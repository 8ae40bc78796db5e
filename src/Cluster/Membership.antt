-- ===== src/Cluster/Membership.antt =====
-- The membership of the cluster: the callbacks of the discovery (setupDiscoveryCallbacks of
-- src/internal/server/clusterserver/server.go) and the Join RPC (handler.go). Raft keeps the voters and
-- commits entries to the state machine; the answers of its calls are arguments. A call that fails leaves
-- the voters and the machine as they were.
mod Tests
use tokmesh_go.Base.{
  ◌≡◌, ◌≢◌, Bool, true, false, not, Option, none, some, if◌then◌else◌, ite, arith, Option-cases,
  inl, inr, ap, refl,
}
use tokmesh_go.Domain.Str.{Str, str_dec}
use tokmesh_go.GoMap
use tokmesh_go.GoMap.{GoMap}
use tokmesh_go.GoMap.Laws.{get-set, get-delete}
use tokmesh_go.Cluster.Fsm
use tokmesh_go.Cluster.Fsm.{Fsm, MemberJoinPayload}

-- The leader, its voters with their addresses, and its machine.
pub record Node : Type 0 where
  pub is_leader : Bool
  pub voters : GoMap Str Str
  pub members : GoMap Str Fsm.Member

-- How Raft answers the calls of one event.
pub record Answers : Type 0 where
  pub membership : Bool
  pub apply : Bool
  pub rollback : Bool

abbrev joining : Str → Str → MemberJoinPayload
joining node_id addr = record { node_id = node_id; addr = addr }

-- A committed join and a committed leave, as the machine applies them.
abbrev pub with_member : Node → Str → Str → Node
with_member n node_id addr = record n {
  members = GoMap.set str_dec n.members node_id (Fsm.joined (joining node_id addr));
}

abbrev pub without_member : Node → Str → Node
without_member n node_id = record n { members = GoMap.delete str_dec n.members node_id }

-- `AddVoter` and `RemoveServer` of Raft, when they succeed.
abbrev pub add_voter : Node → Str → Str → Node
add_voter n node_id addr = record n { voters = GoMap.set str_dec n.voters node_id addr }

abbrev pub remove_server : Node → Str → Node
remove_server n node_id = record n { voters = GoMap.delete str_dec n.voters node_id }

-- The callback of OnJoin: the voter first, and back if the machine refuses.
unfoldable pub on_join : Answers → Node → Str → Str → Node
on_join a n node_id addr =
    let voted = add_voter n node_id addr in
    if not n.is_leader
    then n
    else if not a.membership
    then n
    else if a.apply
    then with_member voted node_id addr
    else if a.rollback
    then remove_server voted node_id
    else voted

-- The callback of OnLeave.
unfoldable pub on_leave : Answers → Node → Str → Node
on_leave a n node_id =
    let left = remove_server n node_id in
    if not n.is_leader
    then n
    else if not a.membership
    then n
    else if a.apply
    then without_member left node_id
    else left

pub data Reply : Type 0 where
  rejected accepted internal_error : Reply

-- The Join RPC: the machine first.
unfoldable pub join : Answers → Node → Str → Str → Node × Reply
join a n node_id addr =
    let applied = with_member n node_id addr in
    if not n.is_leader
    then (n, rejected)
    else if not a.apply
    then (n, internal_error)
    else if not a.membership
    then (applied, internal_error)
    else (add_voter applied node_id addr, accepted)

abbrev pub knows {ℓ} : {V : Type ℓ} → Option V → Bool
knows none = false
knows (some v) = true

-- The voters are the members.
abbrev pub IsAligned : Node → Type 0
IsAligned n =
    (id : Str) → knows (GoMap.get str_dec n.voters id) ≡ knows (GoMap.get str_dec n.members id)

module _ (a : Answers) (n : Node) (aligned : IsAligned n) (node_id addr : Str) where
  -- A join of a node that is no voter keeps voters and members aligned, if a refused entry can be rolled back.
  pub on_join-IsAligned :
      GoMap.get str_dec n.voters node_id ≡ none
      → a.rollback ≡ true
      → IsAligned (on_join a n node_id addr)
  unfolding on_join
  on_join-IsAligned fresh back id = ground (
    arith,
    aligned id,
    get-set str_dec n.voters node_id addr id,
    get-delete str_dec (GoMap.set str_dec n.voters node_id addr) node_id id,
    get-set str_dec n.members node_id (Fsm.joined (joining node_id addr)) id,
  )

  -- A leave keeps them aligned, if the machine takes the entry.
  pub on_leave-IsAligned : a.apply ≡ true → IsAligned (on_leave a n node_id)
  unfolding on_leave
  on_leave-IsAligned ok id = ground (
    arith,
    aligned id,
    get-delete str_dec n.voters node_id id,
    get-delete str_dec n.members node_id id,
  )

  -- The Join RPC of a new node leaves a member that is no voter if Raft refuses the voter.
  pub join_strands_member :
      n.is_leader ≡ true
      → a.apply ≡ true
      → a.membership ≡ false
      → GoMap.get str_dec n.voters node_id ≡ none
      → ((join a n node_id addr).1 ≡ internal_error)
        × (knows (GoMap.get str_dec (join a n node_id addr).0.voters node_id) ≡ false)
        × (knows (GoMap.get str_dec (join a n node_id addr).0.members node_id) ≡ true)
  unfolding join
  join_strands_member leads ok refused fresh =
      ground (arith, get-set str_dec n.members node_id (Fsm.joined (joining node_id addr)) node_id)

__________________________________________________

Your reply should contain each entry, copied without alteration.

» **TASK RESULT**
repository 8ae40bc78796db5e
filename src/Cluster/Membership.antt
-- ===== src/Cluster/Membership.antt =====
-- The membership of the cluster: the callbacks of the discovery (setupDiscoveryCallbacks of
-- src/internal/server/clusterserver/server.go) and the Join RPC (handler.go). Raft keeps the voters and
-- commits entries to the state machine; the answers of its calls are arguments. A call that fails leaves
-- the voters and the machine as they were.
mod Tests
use tokmesh_go.Base.{
  ◌≡◌, ◌≢◌, Bool, true, false, not, Option, none, some, if◌then◌else◌, ite, arith, Option-cases,
  inl, inr, ap, refl,
}
use tokmesh_go.Domain.Str.{Str, str_dec}
use tokmesh_go.GoMap
use tokmesh_go.GoMap.{GoMap}
use tokmesh_go.GoMap.Laws.{get-set, get-delete}
use tokmesh_go.Cluster.Fsm
use tokmesh_go.Cluster.Fsm.{Fsm, MemberJoinPayload}

-- The leader, its voters with their addresses, and its machine.
pub record Node : Type 0 where
  pub is_leader : Bool
  pub voters : GoMap Str Str
  pub members : GoMap Str Fsm.Member

-- How Raft answers the calls of one event.
pub record Answers : Type 0 where
  pub membership : Bool
  pub apply : Bool
  pub rollback : Bool

abbrev joining : Str → Str → MemberJoinPayload
joining node_id addr = record { node_id = node_id; addr = addr }

-- A committed join and a committed leave, as the machine applies them.
abbrev pub with_member : Node → Str → Str → Node
with_member n node_id addr = record n {
  members = GoMap.set str_dec n.members node_id (Fsm.joined (joining node_id addr));
}

abbrev pub without_member : Node → Str → Node
without_member n node_id = record n { members = GoMap.delete str_dec n.members node_id }

-- `AddVoter` and `RemoveServer` of Raft, when they succeed.
abbrev pub add_voter : Node → Str → Str → Node
add_voter n node_id addr = record n { voters = GoMap.set str_dec n.voters node_id addr }

abbrev pub remove_server : Node → Str → Node
remove_server n node_id = record n { voters = GoMap.delete str_dec n.voters node_id }

-- The callback of OnJoin: the voter first, and back if the machine refuses.
unfoldable pub on_join : Answers → Node → Str → Str → Node
on_join a n node_id addr =
    let voted = add_voter n node_id addr in
    if not n.is_leader
    then n
    else if not a.membership
    then n
    else if a.apply
    then with_member voted node_id addr
    else if a.rollback
    then remove_server voted node_id
    else voted

-- The callback of OnLeave.
unfoldable pub on_leave : Answers → Node → Str → Node
on_leave a n node_id =
    let left = remove_server n node_id in
    if not n.is_leader
    then n
    else if not a.membership
    then n
    else if a.apply
    then without_member left node_id
    else left

pub data Reply : Type 0 where
  rejected accepted internal_error : Reply

-- The Join RPC: the machine first.
unfoldable pub join : Answers → Node → Str → Str → Node × Reply
join a n node_id addr =
    let applied = with_member n node_id addr in
    if not n.is_leader
    then (n, rejected)
    else if not a.apply
    then (n, internal_error)
    else if not a.membership
    then (applied, internal_error)
    else (add_voter applied node_id addr, accepted)

abbrev pub knows {ℓ} : {V : Type ℓ} → Option V → Bool
knows none = false
knows (some v) = true

-- The voters are the members.
abbrev pub IsAligned : Node → Type 0
IsAligned n =
    (id : Str) → knows (GoMap.get str_dec n.voters id) ≡ knows (GoMap.get str_dec n.members id)

module _ (a : Answers) (n : Node) (aligned : IsAligned n) (node_id addr : Str) where
  -- A join of a node that is no voter keeps voters and members aligned, if a refused entry can be rolled back.
  pub on_join-IsAligned :
      GoMap.get str_dec n.voters node_id ≡ none
      → a.rollback ≡ true
      → IsAligned (on_join a n node_id addr)
  unfolding on_join
  on_join-IsAligned fresh back id = ground (
    arith,
    aligned id,
    get-set str_dec n.voters node_id addr id,
    get-delete str_dec (GoMap.set str_dec n.voters node_id addr) node_id id,
    get-set str_dec n.members node_id (Fsm.joined (joining node_id addr)) id,
  )

  -- A leave keeps them aligned, if the machine takes the entry.
  pub on_leave-IsAligned : a.apply ≡ true → IsAligned (on_leave a n node_id)
  unfolding on_leave
  on_leave-IsAligned ok id = ground (
    arith,
    aligned id,
    get-delete str_dec n.voters node_id id,
    get-delete str_dec n.members node_id id,
  )

  -- The Join RPC of a new node leaves a member that is no voter if Raft refuses the voter.
  pub join_strands_member :
      n.is_leader ≡ true
      → a.apply ≡ true
      → a.membership ≡ false
      → GoMap.get str_dec n.voters node_id ≡ none
      → ((join a n node_id addr).1 ≡ internal_error)
        × (knows (GoMap.get str_dec (join a n node_id addr).0.voters node_id) ≡ false)
        × (knows (GoMap.get str_dec (join a n node_id addr).0.members node_id) ≡ true)
  unfolding join
  join_strands_member leads ok refused fresh =
      ground (arith, get-set str_dec n.members node_id (Fsm.joined (joining node_id addr)) node_id)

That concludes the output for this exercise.